1. 150 refugees arrested on Nauru as police crack down on peaceful protests.
Nauru police have arrested more than 100 refugees in connection to recent protests on the Pacific island, advocates say.
The Refugee Action Coalition (RAC) said a 13-year-old was among the 150 refugees arrested on Wednesday.
The ABC believes the number of those detained vary from 70 to about 100.
RAC spokesman Ian Rintoul said two women collapsed with panic attacks during the arrests and were taken to hospital.
“The refugees have been taken to Yaren police office,” he said in a statement.
“Dozens were arrested as refugees tried to assemble at the police station to demand the release of those who had been arrested earlier.”
The arrests came after hundreds of refugees staged protests in recent days against what they said were deplorable living conditions and treatment by locals on Nauru.
They vowed to continue their campaign of non-cooperation with the Nauruan and Australian governments.
“It’s quite clear the police were responding or concerned about the fact that there was going to be a demonstration this afternoon,” Mr Rintoul told the ABC.
“They circulated threatening notices yesterday saying people could face up to three years’ jail for being involved in protests.”
Australia has been sending asylum seekers who arrive by boat to Nauru and Manus Island in Papua New Guinea for processing.
Around 400 people have been released from the Australian-run detention centre to live in the community after being given refugee visas by the Nauruan government.

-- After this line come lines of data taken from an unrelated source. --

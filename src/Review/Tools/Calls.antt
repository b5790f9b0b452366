-- ===== src/Review/Tools/Calls.antt =====
-- The three context tools of src/review/ai_tools.rs and the call that chooses one. The reading of
-- arguments, the file system, UTF-8 and the glob library are parameters; `exists` fields hold what the
-- file system answers for a path.
use git_lab_work_runner.Base.{
  ℕ, zero, suc, ◌+◌, ◌-◌, min, max, Bool, true, false, not, ◌&&◌, ◌||◌, Option, none, some, List,
  [], ◌∷◌, ◌++◌, leb, ltb, ◌==◌, if◌then◌else◌, Str, codes, str_eq, contains, trim, is_empty, lines,
  byte_len, length, take, drop, concat, Result, ok, err, ◌>>=◌,
}
use git_lab_work_runner.Base.Decimal.{decimal}
use git_lab_work_runner.Review.WorkItems.{walk_back, cut}
use git_lab_work_runner.Review.Tools.Paths.{
  PathNames, normalize_path, is_low_value_context_path, resolve_safe_path,
}
use git_lab_work_runner.Review.Tools.Walk.{WalkControl, continue, stop, Entries, collect_files}
use git_lab_work_runner.Review.Tools.Truncation.{
  CodeMatch, ToolValue, failed, file_content, line_range, found_matches, found_files,
  truncate_json_result,
}

pub record ReadArgs : Type 0 where
  pub path : Str
  pub start_line : Option ℕ
  pub end_line : Option ℕ

pub record SearchArgs : Type 0 where
  pub query : Str
  pub glob : Option Str

-- Why bytes are no text: how many are valid, and how many are wrong (none, where the end is cut off).
pub record Utf8Error : Type 0 where
  pub valid_up_to : ℕ
  pub error_len : Option ℕ
  pub text : Str

-- What the tools take from serde_json, globset and the file system.
pub record Outside : Type 0 where
  pub read_args : Str → Result Str ReadArgs
  pub search_args : Str → Result Str SearchArgs
  pub list_args : Str → Result Str (Option Str)
  pub glob_matcher : Str → Result Str (Str → Bool)
  pub canonicalize : PathNames → Result Str PathNames
  pub entries : PathNames → Entries
  pub file_len : PathNames → Option ℕ
  pub read_bytes : PathNames → Result Str (List ℕ)
  pub from_utf8 : List ℕ → Result Utf8Error Str
  pub read_to_string : PathNames → Result Str Str
  pub to_string : ToolValue → Str

pub record AiReviewToolContext : Type 0 where
  pub source_dir : Option PathNames
  pub read_file_enabled : Bool
  pub search_code_enabled : Bool
  pub list_files_enabled : Bool
  pub max_result_bytes : ℕ

abbrev is_some {ℓ} : {A : Type ℓ} → Option A → Bool
is_some none = false
is_some (some a) = true

-- `AiReviewToolContext::new`, by the configuration's limit of bytes.
abbrev pub new_context : ℕ → Option PathNames → AiReviewToolContext
new_context max_tool_result_bytes source_dir = record {
  source_dir = source_dir;
  read_file_enabled = is_some source_dir;
  search_code_enabled = is_some source_dir;
  list_files_enabled = is_some source_dir;
  max_result_bytes = max max_tool_result_bytes 1;
}

abbrev pub source_available : AiReviewToolContext → Bool
source_available context = is_some context.source_dir

-- `str::split_inclusive`: a line keeps its line feed.
unfoldable pub split_inclusive : Str → Str → List Str
split_inclusive line [] = if is_empty line then [] else line ∷ []
split_inclusive line (c ∷ s) = elim (c == b'\n') [
  | true ↦ (line ++ c ∷ []) ∷ split_inclusive [] s
  | false ↦ split_inclusive (line ++ c ∷ []) s
]

abbrev read_max_file_bytes : ℕ
read_max_file_bytes = 1048576

abbrev pub glob_matches : Option (Str → Bool) → Str → Bool
glob_matches none relative = true
glob_matches (some matcher) relative = matcher relative

abbrev pub first_line : List Str → Str
first_line [] = []
first_line (line ∷ rest) = line

-- The loop over the lines of a file; `before` is the line before, `index` counts from 0.
unfoldable pub search_lines : Str → Str → ℕ → Str → List Str → ℕ → List CodeMatch → List CodeMatch
search_lines query relative index before [] file_matches found = found
search_lines query relative index before (line ∷ rest) file_matches found =
    elim (contains query line) [
      | false ↦ search_lines query relative (suc index) line rest file_matches found
      | true ↦
          let found' =
            found
            ++ record {
              path = relative;
              line = suc index;
              before = before;
              text = line;
              after = first_line rest;
            }
              ∷ [] in
          elim (leb 50 (length found') || leb 5 (suc file_matches)) [
            | true ↦ found'
            | false ↦ search_lines query relative (suc index) line rest (suc file_matches) found'
          ]
    ]

module _ (outside : Outside) where
  -- `metadata` that fails counts as too large.
  abbrev pub file_too_large : PathNames → ℕ → Bool
  file_too_large path max_bytes = elim (outside.file_len path) [
    | none ↦ true
    | some len ↦ ltb max_bytes len
  ]

  abbrev cut_off : Utf8Error → Bool
  cut_off e = elim e.error_len [ none ↦ true | some n ↦ false ]

  -- The loop that drops a character that the limit cuts; each turn leaves fewer bytes, `fuel` bounds them.
  unfoldable pub decode_prefix : ℕ → Bool → List ℕ → Result Str (Str × Bool)
  decode_prefix zero truncated bytes = err (codes "file is not valid UTF-8")
  decode_prefix (suc fuel) truncated bytes = elim (outside.from_utf8 bytes) [
    | ok text ↦ ok (text, truncated)
    | err e ↦ elim (truncated && cut_off e) [
      | true ↦ decode_prefix fuel truncated (take e.valid_up_to bytes)
      | false ↦ err (codes "file is not valid UTF-8: " ++ e.text)
    ]
  ]

  unfoldable pub read_utf8_file_limited : PathNames → ℕ → Result Str (Str × Bool)
  read_utf8_file_limited path max_bytes =
      let limit = max max_bytes 1 in
      (do
        bytes ← outside.read_bytes path
        let kept = take limit bytes
        decode_prefix (suc (length kept)) (ltb limit (length bytes)) kept)

  abbrev selected_lines : List Str → ℕ → ℕ → Str
  selected_lines all_lines start_line actual_end =
      concat (take (actual_end - (start_line - 1)) (drop (start_line - 1) all_lines))

  abbrev limited_lines : List Str → ℕ → ℕ → ℕ → Result Str (Str × ℕ × Bool)
  limited_lines all_lines start_line end_line max_bytes =
      let actual_end = min end_line (length all_lines) in
      let selected = selected_lines all_lines start_line actual_end in
      if ltb (length all_lines) start_line
      then err (
          codes "start_line "
          ++ decimal start_line
          ++ codes " exceeds file line count "
          ++ decimal (length all_lines))
      else if leb (byte_len selected) (max max_bytes 1)
      then ok (selected, actual_end, false)
      else ok ((cut (walk_back selected (max max_bytes 1)) selected).0, actual_end, true)

  unfoldable pub read_utf8_line_range_limited : PathNames → ℕ → ℕ → ℕ → Result Str (Str × ℕ × Bool)
  read_utf8_line_range_limited path start_line end_line max_bytes =
      if file_too_large path read_max_file_bytes
      then err (codes "file exceeds internal 1048576 byte limit")
      else (do
        content ← outside.read_to_string path
        limited_lines (split_inclusive [] content) start_line end_line max_bytes)

  abbrev or_failed {ℓ} : {A : Type ℓ} → Result Str A → (A → ToolValue) → ToolValue
  or_failed (err e) rest = failed e
  or_failed (ok a) rest = rest a

  abbrev read_failed {ℓ} : {A : Type ℓ} → Result Str A → Result Str A
  read_failed (err e) = err (codes "failed to read file: " ++ e)
  read_failed (ok a) = ok a

  module _ (context : AiReviewToolContext) where
    abbrev read_resolved : ReadArgs → PathNames → Option ℕ → Option ℕ → ToolValue
    read_resolved args path none none =
        or_failed
          (read_failed
            (read_utf8_file_limited path (min context.max_result_bytes read_max_file_bytes)))
          (λ (found : Str × Bool). file_content (normalize_path args.path) found.0 found.1)
    read_resolved args path (some start_line) (some end_line) =
        if start_line == 0 || ltb end_line start_line
        then failed (codes "line range must be one-based and end_line must be at least start_line")
        else if ltb 250 (end_line - start_line + 1)
        then failed (codes "line range must not exceed 250 lines")
        else or_failed
            (read_failed (
              read_utf8_line_range_limited path start_line end_line
                (min context.max_result_bytes read_max_file_bytes)))
            (λ (found : Str × ℕ × Bool).
              line_range (normalize_path args.path) start_line found.1 found.0 found.2)
    read_resolved args path _ _ = failed (codes "start_line and end_line must be supplied together")

    unfoldable pub read_file : Str → ToolValue
    read_file arguments = elim (outside.read_args arguments) [
      | err e ↦ failed (codes "invalid read_file arguments: " ++ e)
      | ok args ↦
          or_failed (resolve_safe_path outside.canonicalize context.source_dir args.path)
            (λ path. read_resolved args path args.start_line args.end_line)
    ]

    abbrev pub searched : List CodeMatch → List CodeMatch × WalkControl
    searched found = (found, if leb 50 (length found) then stop else continue)

    abbrev pub searched_text :
        Str → Str → List CodeMatch → Result Str Str → List CodeMatch × WalkControl
    searched_text query relative found (err e) = (found, continue)
    searched_text query relative found (ok content) =
        searched (search_lines query relative 0 [] (lines content) 0 found)

    -- The visit of `search_code`; `root` is the checkout.
    unfoldable pub search_visit :
        PathNames
        → Str
        → Option (Str → Bool)
        → Str
        → PathNames
        → List CodeMatch
        → List CodeMatch × WalkControl
    search_visit root query matcher relative names found =
        if leb 50 (length found)
        then (found, stop)
        else if is_low_value_context_path relative || file_too_large (root ++ names) 1048576
        then (found, continue)
        else if not (glob_matches matcher relative)
        then (found, continue)
        else searched_text query relative found (outside.read_to_string (root ++ names))

    -- A glob that is missing or blank restricts nothing.
    abbrev optional_glob_matcher : Option Str → Result Str (Option (Str → Bool))
    optional_glob_matcher none = ok none
    optional_glob_matcher (some pattern) =
        if is_empty (trim pattern) then ok none else elim (outside.glob_matcher (trim pattern)) [
          | err e ↦ err (codes "invalid glob: " ++ e)
          | ok matcher ↦ ok (some matcher)
        ]

    unfoldable pub search_matches : PathNames → Str → Option (Str → Bool) → List CodeMatch
    search_matches root query matcher =
        (collect_files (search_visit root query matcher) [] (outside.entries root) []).0

    abbrev search_with : Str → Option PathNames → Option Str → ToolValue
    search_with query none glob = failed (codes "source checkout is not available")
    search_with query (some root) glob = or_failed (optional_glob_matcher glob) (λ matcher.
        let found = search_matches root query matcher in
        found_matches found (leb 50 (length found)))

    unfoldable pub search_code : Str → ToolValue
    search_code arguments = elim (outside.search_args arguments) [
      | err e ↦ failed (codes "invalid search_code arguments: " ++ e)
      | ok args ↦
          if is_empty (trim args.query)
          then failed (codes "query must not be empty")
          else search_with args.query context.source_dir args.glob
    ]

    -- The visit of `list_files`.
    unfoldable pub list_visit :
        Option (Str → Bool) → Str → PathNames → List Str → List Str × WalkControl
    list_visit matcher relative names files =
        if leb 200 (length files)
        then (files, stop)
        else if is_low_value_context_path relative
        then (files, continue)
        else let files' = if glob_matches matcher relative then files ++ relative ∷ [] else files in
          (files', if leb 200 (length files') then stop else continue)

    unfoldable pub listed_files : PathNames → Option (Str → Bool) → List Str
    listed_files root matcher = (collect_files (list_visit matcher) [] (outside.entries root) []).0

    abbrev list_with : Option PathNames → Option Str → ToolValue
    list_with none glob = failed (codes "source checkout is not available")
    list_with (some root) glob = or_failed (optional_glob_matcher glob) (λ matcher.
        let files = listed_files root matcher in found_files files (leb 200 (length files)))

    unfoldable pub list_files : Str → ToolValue
    list_files arguments = elim (outside.list_args arguments) [
      | err e ↦ failed (codes "invalid list_files arguments: " ++ e)
      | ok glob ↦ list_with context.source_dir glob
    ]

    abbrev pub tool_value : Str → Str → ToolValue
    tool_value name arguments =
        if str_eq name (codes "read_file") && context.read_file_enabled
        then read_file arguments
        else if str_eq name (codes "search_code") && context.search_code_enabled
        then search_code arguments
        else if str_eq name (codes "list_files") && context.list_files_enabled
        then list_files arguments
        else failed (codes "tool is not enabled: " ++ name)

    unfoldable pub call_with_result_limit : Str → Str → ℕ → Str
    call_with_result_limit name arguments max_result_bytes =
        truncate_json_result outside.to_string (tool_value name arguments)
          (min context.max_result_bytes (max max_result_bytes 1))
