-- ===== src/Review/Http.antt =====
-- How src/review/ai.rs reads the answers of the AI service: which failures are retried, which end the
-- use of tools, and which errors of a review fall back to the diff alone. The reading of an error body
-- as JSON is a parameter.
pub mod Classes
use git_lab_work_runner.Base.{
  ℕ, ◌≤◌, Bool, true, false, not, ◌&&◌, ◌||◌, Option, none, some, ltb, ◌==◌, if◌then◌else◌, Str,
  codes, str_eq, contains, to_ascii_lowercase,
}
use git_lab_work_runner.App.Error.{
  ReviewErrorCode, review_run_timeout, ai_request_timeout, ai_tool_loop_timeout, ReviewFailure,
  AppError, review_failure,
}

unfoldable pub is_tool_call_rejection : ℕ → Str → Bool
is_tool_call_rejection status body =
    let normalized = to_ascii_lowercase body in
    if not (status == 400) && not (status == 422)
    then false
    else contains (codes "tool") normalized
      || contains (codes "tools") normalized
      || contains (codes "tool_choice") normalized
      || contains (codes "function") normalized

unfoldable pub is_timeout_ai_http_response : ℕ → Str → Bool
is_timeout_ai_http_response status body =
    let normalized = to_ascii_lowercase body in
    if status == 408 || status == 504
    then true
    else if ltb status 500
    then false
    else contains (codes "requesttimeout") normalized
      || contains (codes "request timed out") normalized
      || contains (codes "timed out") normalized
      || contains (codes "timeout") normalized

unfoldable pub is_retryable_ai_http_response : ℕ → Str → Bool
is_retryable_ai_http_response status body =
    is_timeout_ai_http_response status body || status == 429 || status == 502 || status == 503

abbrev is_timeout_code : Option Str → Bool
is_timeout_code none = false
is_timeout_code (some code) =
    str_eq code (codes "request_timeout") || str_eq code (codes "RequestTimeout")

-- `error_code` reads `error.code` of a body that is a JSON object with that text.
unfoldable pub should_enter_timeout_finalization : (Str → Option Str) → ℕ → Str → Bool
should_enter_timeout_finalization error_code status body =
    if status == 408 || status == 504
    then true
    else if not (status == 500)
    then false
    else is_timeout_code (error_code body)

pub data AiReviewExecutionMode : Type 0 where
  context_mode diff_only_fallback : AiReviewExecutionMode

pub data AiReviewFallbackReason : Type 0 where
  archive_limit_exceeded_reason review_run_timeout_reason : AiReviewFallbackReason
  ai_request_timeout_reason ai_tool_loop_timeout_reason : AiReviewFallbackReason

-- `AiReviewFallbackReason::as_str`.
abbrev pub reason_as_str : AiReviewFallbackReason → Str
reason_as_str archive_limit_exceeded_reason = codes "archive_limit_exceeded"
reason_as_str review_run_timeout_reason = codes "review_run_timeout"
reason_as_str ai_request_timeout_reason = codes "ai_request_timeout"
reason_as_str ai_tool_loop_timeout_reason = codes "ai_tool_loop_timeout"

abbrev pub reason_of_code : ReviewErrorCode → Option AiReviewFallbackReason
reason_of_code review_run_timeout = some review_run_timeout_reason
reason_of_code ai_request_timeout = some ai_request_timeout_reason
reason_of_code ai_tool_loop_timeout = some ai_tool_loop_timeout_reason
reason_of_code _ = none

abbrev reason_of_failure : Option ReviewFailure → Option AiReviewFallbackReason
reason_of_failure none = none
reason_of_failure (some failure) = reason_of_code failure.code

unfoldable pub timeout_fallback_reason : AppError → Option AiReviewFallbackReason
timeout_fallback_reason error = reason_of_failure (review_failure error)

This article was originally published by the ABC and was republished here with full permission.
2. Rosie Battie launches a new app to support victims of family violence.

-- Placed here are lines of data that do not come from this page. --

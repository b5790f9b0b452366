-- ===== src/Review/Completion.antt =====
-- The conversation loop of src/review/ai.rs, `complete_ai_review_response`: what one answer of the
-- model leads to, the tool calls of a round, and the requests that follow. Parameters are the outside
-- of the tools, the JSON parsers, and the service, which answers a request by how many went before it.
pub mod Requests
pub mod Loop
pub mod Cases
pub mod Invariants
pub mod Budgets
pub mod Fuel
pub mod Sent
pub mod Closing
pub mod Ends
use git_lab_work_runner.Base.{
  ℕ, zero, suc, ◌+◌, ◌-◌, ◌^◌, min, max, Bool, true, false, not, ◌&&◌, ◌||◌, Option, none, some,
  List, [], ◌∷◌, ◌++◌, ltb, leb, ◌==◌, if◌then◌else◌, Str, codes, str_eq, trim, is_empty, byte_len,
  length, any, keep_if, Result, ok, err,
}
use git_lab_work_runner.Base.Decimal.{decimal}
use git_lab_work_runner.App.Error.{
  AppError, ai_review_error, ai_request_failed, ai_response_parse_failed,
}
use git_lab_work_runner.Review.Findings.{
  OpenAiToolCall, OpenAiMessage, FinalFindingsParseFailure, malformed, protocol,
}
use git_lab_work_runner.Review.Rules.{AiReviewConfig, Finding}
use git_lab_work_runner.Review.Messages.{
  ChatMessage, text_message, finalization_instruction, malformed_finalization_instruction,
  unavailable_tools_instruction, diff_only_finalization,
}
use git_lab_work_runner.Review.Tools.Truncation.{ToolValue, failed, cached_context}
use git_lab_work_runner.Review.Tools.Calls.{
  Outside, AiReviewToolContext, call_with_result_limit, source_available,
}

abbrev pub usize_max : ℕ
usize_max = 2 ^ 64 - 1

abbrev pub is_context_tool_call : OpenAiToolCall → Bool
is_context_tool_call call =
    str_eq call.name (codes "read_file")
    || str_eq call.name (codes "search_code")
    || str_eq call.name (codes "list_files")

abbrev non_empty_tool_call_id : OpenAiToolCall → Str
non_empty_tool_call_id call =
    if is_empty (trim call.id) then codes "call_" ++ call.name else call.id

abbrev pub has_submit_review_findings : OpenAiMessage → Bool
has_submit_review_findings message =
    any (λ (call : OpenAiToolCall). str_eq call.name (codes "submit_review_findings"))
      message.tool_calls

-- `synthesize_context_tool_call_ids`, with the number of the call from 1.
abbrev pub with_id : ℕ → OpenAiToolCall → OpenAiToolCall
with_id number call =
    if is_empty (trim call.id)
    then record call { id = codes "call_" ++ call.name ++ codes "_" ++ decimal number }
    else call

abbrev pub synthesize_context_tool_call_ids : ℕ → List OpenAiToolCall → List OpenAiToolCall
synthesize_context_tool_call_ids number [] = []
synthesize_context_tool_call_ids number (call ∷ rest) =
    with_id number call ∷ synthesize_context_tool_call_ids (suc number) rest

-- The variables of the conversation, and a log that is no variable of the code: `calls_made`, the calls
-- that the tools carried out with the results they gave, the latest first.
pub record Conversation : Type 0 where
  pub messages : List ChatMessage
  pub tool_call_limit_notice_sent : Bool
  pub unavailable_context_tool_notice_sent : Bool
  pub tool_cache : List Str
  pub tool_result_bytes_used : ℕ
  pub finalization_requested : Bool
  pub diff_only_fallback_requested : Bool
  pub malformed_finalization_retry_requested : Bool
  pub tool_calls_used : ℕ
  pub tool_rounds_used : ℕ
  pub calls_made : List (OpenAiToolCall × Str)

-- The variables of one round of tool calls.
pub record Round : Type 0 where
  pub conversation : Conversation
  pub real_calls_in_response : ℕ
  pub tool_byte_limit_reached : Bool
  pub cache_hit_requires_finalization : Bool

abbrev pub say : ChatMessage → Conversation → Conversation
say m c = record c { messages = c.messages ++ m ∷ [] }

unfoldable pub request_finalization : Conversation → Conversation
request_finalization c = elim c.finalization_requested [
  | true ↦ c
  | false ↦ record (say (text_message (codes "user") finalization_instruction) c) {
    finalization_requested = true;
  }
]

abbrev tool_message : Str → Str → ChatMessage
tool_message result id = record {
  role = codes "tool";
  content = some result;
  tool_call_id = some id;
  tool_calls = none;
}

-- What the loop over an answer leads to: the result of the review, or one more request.
pub data Next : Type 0 where
  finished : Result AppError (List Finding) → Next
  next_request : Conversation → Next

abbrev parse_error : Str → Next
parse_error message = finished (err (ai_review_error ai_response_parse_failed message))

abbrev request_error : Str → Next
request_error message = finished (err (ai_review_error ai_request_failed message))

abbrev pub notice_unavailable : Conversation → Conversation
notice_unavailable c = record (say (text_message (codes "user") unavailable_tools_instruction) c) {
  unavailable_context_tool_notice_sent = true;
}

abbrev pub retry_malformed : Conversation → Conversation
retry_malformed c =
    record (say (text_message (codes "system") malformed_finalization_instruction) c) {
      malformed_finalization_retry_requested = true;
      finalization_requested = true;
    }

abbrev pub begin_round : Conversation → Conversation
begin_round c = record c { tool_rounds_used = c.tool_rounds_used + 1 }

abbrev calls_message : OpenAiMessage → List OpenAiToolCall → ChatMessage
calls_message message calls = record {
  role = codes "assistant";
  content = message.content;
  tool_call_id = none;
  tool_calls = some calls;
}

abbrev pub final_answer : Conversation → Result FinalFindingsParseFailure (List Finding) → Next
final_answer c (ok findings) = finished (ok findings)
final_answer c (err (protocol e)) = finished (err e)
final_answer c (err (malformed e)) =
    if c.malformed_finalization_retry_requested
    then finished (err e)
    else next_request (retry_malformed c)

abbrev pub known : Str → List Str → Bool
known key cache = any (str_eq key) cache

abbrev pub remaining : ℕ → ℕ → ℕ
remaining limit used = if limit == 0 then usize_max else limit - used

abbrev pub reply : Str → OpenAiToolCall → Round → Round
reply result call r = record r {
  conversation = say (tool_message result (non_empty_tool_call_id call)) r.conversation;
}

abbrev pub noticed : Round → Round
noticed r = record r { conversation = record r.conversation { tool_call_limit_notice_sent = true } }

-- The round begins with the calls of the answer.
abbrev pub new_round : OpenAiMessage → List OpenAiToolCall → Conversation → Round
new_round message calls c = record {
  conversation = say (calls_message message calls) c;
  real_calls_in_response = 0;
  tool_byte_limit_reached = false;
  cache_hit_requires_finalization = false;
}

-- What the review is done with: the configuration, the tools, and the parsers. `cache_key` is
-- `context_tool_cache_key` with its JSON library.
pub record Setting : Type 0 where
  pub config : AiReviewConfig
  pub outside : Outside
  pub context : AiReviewToolContext
  pub cache_key : Str → Str → Str
  pub parse_final : OpenAiMessage → Result FinalFindingsParseFailure (List Finding)
  pub parse_response : Str → Result Str (List OpenAiMessage)
  pub use_tool_calls : Bool
  pub base_message_count : ℕ

module _ (setting : Setting) where
  abbrev pub limit_result : Str → Str
  limit_result what = setting.outside.to_string (
      failed (
        codes "AI review context tool "
        ++ what
        ++ codes " limit reached for '"
        ++ setting.config.id
        ++ codes
            "'. Stop calling context tools and submit final findings with submit_review_findings using the context already available."))

  -- The result of a call that the budgets admit.
  abbrev pub real_result : OpenAiToolCall → Conversation → Str
  real_result call c =
      call_with_result_limit setting.outside setting.context call.name call.arguments (
        min setting.config.max_tool_result_bytes
          (remaining setting.config.max_tool_total_bytes c.tool_result_bytes_used))

  abbrev pub real_call : OpenAiToolCall → Round → Round
  real_call call r =
      let c = r.conversation in
      let result = real_result call c in
      record r {
        conversation = record (say (tool_message result (non_empty_tool_call_id call)) c) {
          tool_calls_used = c.tool_calls_used + 1;
          tool_result_bytes_used = min (c.tool_result_bytes_used + byte_len result) usize_max;
          tool_cache = setting.cache_key call.name call.arguments ∷ c.tool_cache;
          calls_made = (call, result) ∷ c.calls_made;
        };
        real_calls_in_response = r.real_calls_in_response + 1;
      }

  abbrev pub bytes_left : Conversation → Bool
  bytes_left c =
      setting.config.max_tool_total_bytes == 0
      || leb 28 (remaining setting.config.max_tool_total_bytes c.tool_result_bytes_used)

  -- One call of the loop; `remaining_tool_calls` is counted before the loop.
  unfoldable pub answer_call : ℕ → OpenAiToolCall → Round → Round
  answer_call remaining_tool_calls call r =
      let c = r.conversation in
      if known (setting.cache_key call.name call.arguments) c.tool_cache
      then reply (setting.outside.to_string cached_context) call
          (record r { cache_hit_requires_finalization = true })
      else if ltb r.real_calls_in_response remaining_tool_calls && bytes_left c
      then real_call call r
      else if leb remaining_tool_calls r.real_calls_in_response
      then reply (limit_result (codes "call")) call (noticed r)
      else reply (limit_result (codes "result byte")) call
          (record r { tool_byte_limit_reached = true })

  unfoldable pub answer_calls : ℕ → List OpenAiToolCall → Round → Round
  answer_calls remaining_tool_calls [] r = r
  answer_calls remaining_tool_calls (call ∷ rest) r =
      answer_calls remaining_tool_calls rest (answer_call remaining_tool_calls call r)

  abbrev pub round_exhausted : Conversation → Bool
  round_exhausted c =
      not (setting.config.max_tool_rounds == 0)
      && leb setting.config.max_tool_rounds c.tool_rounds_used

  abbrev pub budget_exhausted : Round → Bool
  budget_exhausted r =
      (not (setting.config.max_tool_calls == 0)
        && leb setting.config.max_tool_calls r.conversation.tool_calls_used)
      || round_exhausted r.conversation
      || (not (setting.config.max_tool_total_bytes == 0)
          && (leb setting.config.max_tool_total_bytes r.conversation.tool_result_bytes_used
              || r.tool_byte_limit_reached))
      || r.cache_hit_requires_finalization

  abbrev pub settle_round : Round → Conversation
  settle_round r =
      if budget_exhausted r then request_finalization r.conversation else r.conversation

  abbrev pub run_round : OpenAiMessage → List OpenAiToolCall → Conversation → Conversation
  run_round message calls c = settle_round (
      answer_calls (remaining setting.config.max_tool_calls c.tool_calls_used) calls
        (new_round message calls c))

  abbrev pub call_limit_reported : Conversation → Bool
  call_limit_reported c =
      not (setting.config.max_tool_calls == 0)
      && remaining setting.config.max_tool_calls c.tool_calls_used == 0
      && c.tool_call_limit_notice_sent

  unfoldable pub tool_round : OpenAiMessage → List OpenAiToolCall → Conversation → Next
  tool_round message calls c =
      if call_limit_reported c
      then request_error (
          codes "AI review "
          ++ setting.config.id
          ++ codes " exhausted context tool calls before submitting findings")
      else next_request
          (run_round message (synthesize_context_tool_call_ids 1 calls) (begin_round c))

  abbrev pub request_diff_only_finalization : Conversation → Conversation
  request_diff_only_finalization c = record c {
    diff_only_fallback_requested = true;
    messages = diff_only_finalization c.messages setting.base_message_count;
  }

  abbrev pub after_finalization : Conversation → Next
  after_finalization c =
      if c.malformed_finalization_retry_requested
      then parse_error (
          codes "AI review "
          ++ setting.config.id
          ++ codes " requested context tools during malformed findings recovery")
      else if c.diff_only_fallback_requested
      then request_error (
          codes "AI review "
          ++ setting.config.id
          ++ codes
              " failed to submit findings after diff-only finalization fallback and requested another context tool")
      else next_request (request_diff_only_finalization c)

  abbrev pub without_source : Conversation → Next
  without_source c =
      if c.unavailable_context_tool_notice_sent
      then parse_error (
          codes "AI review "
          ++ setting.config.id
          ++ codes " repeatedly requested unavailable context tools")
      else next_request (notice_unavailable c)

  unfoldable pub use_tools : OpenAiMessage → List OpenAiToolCall → Conversation → Next
  use_tools message calls c =
      if c.finalization_requested
      then after_finalization c
      else if not (source_available setting.context)
      then without_source c
      else tool_round message calls c

  unfoldable pub answer_message : OpenAiMessage → Conversation → Next
  answer_message message c =
      let calls = keep_if is_context_tool_call message.tool_calls in
      if has_submit_review_findings message || not setting.use_tool_calls || is_empty calls
      then final_answer c (setting.parse_final message)
      else use_tools message calls c

  -- The answer is the first choice of the body.
  abbrev pub first_choice : Result Str (List OpenAiMessage) → Conversation → Next
  first_choice (err e) c = parse_error e
  first_choice (ok []) c = parse_error (codes "AI review API returned no choices")
  first_choice (ok (message ∷ rest)) c = answer_message message c

  abbrev pub answer_body : Str → Conversation → Next
  answer_body body c = first_choice (setting.parse_response body) c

Today, Australian of the Year Rosie Batty launched a government-funded app to help victims of domestic violence locate specialist support services.
The ‘Daisy’ app claims to help women find legal support, shelters, and specialist services to help them, to
Rosie Batty stated the app is important tool to empower women.
“When you are experiencing gendered violence, people often tell you what to do – but the strongest predictor of a woman’s safety is the woman herself,” Ms Batty said.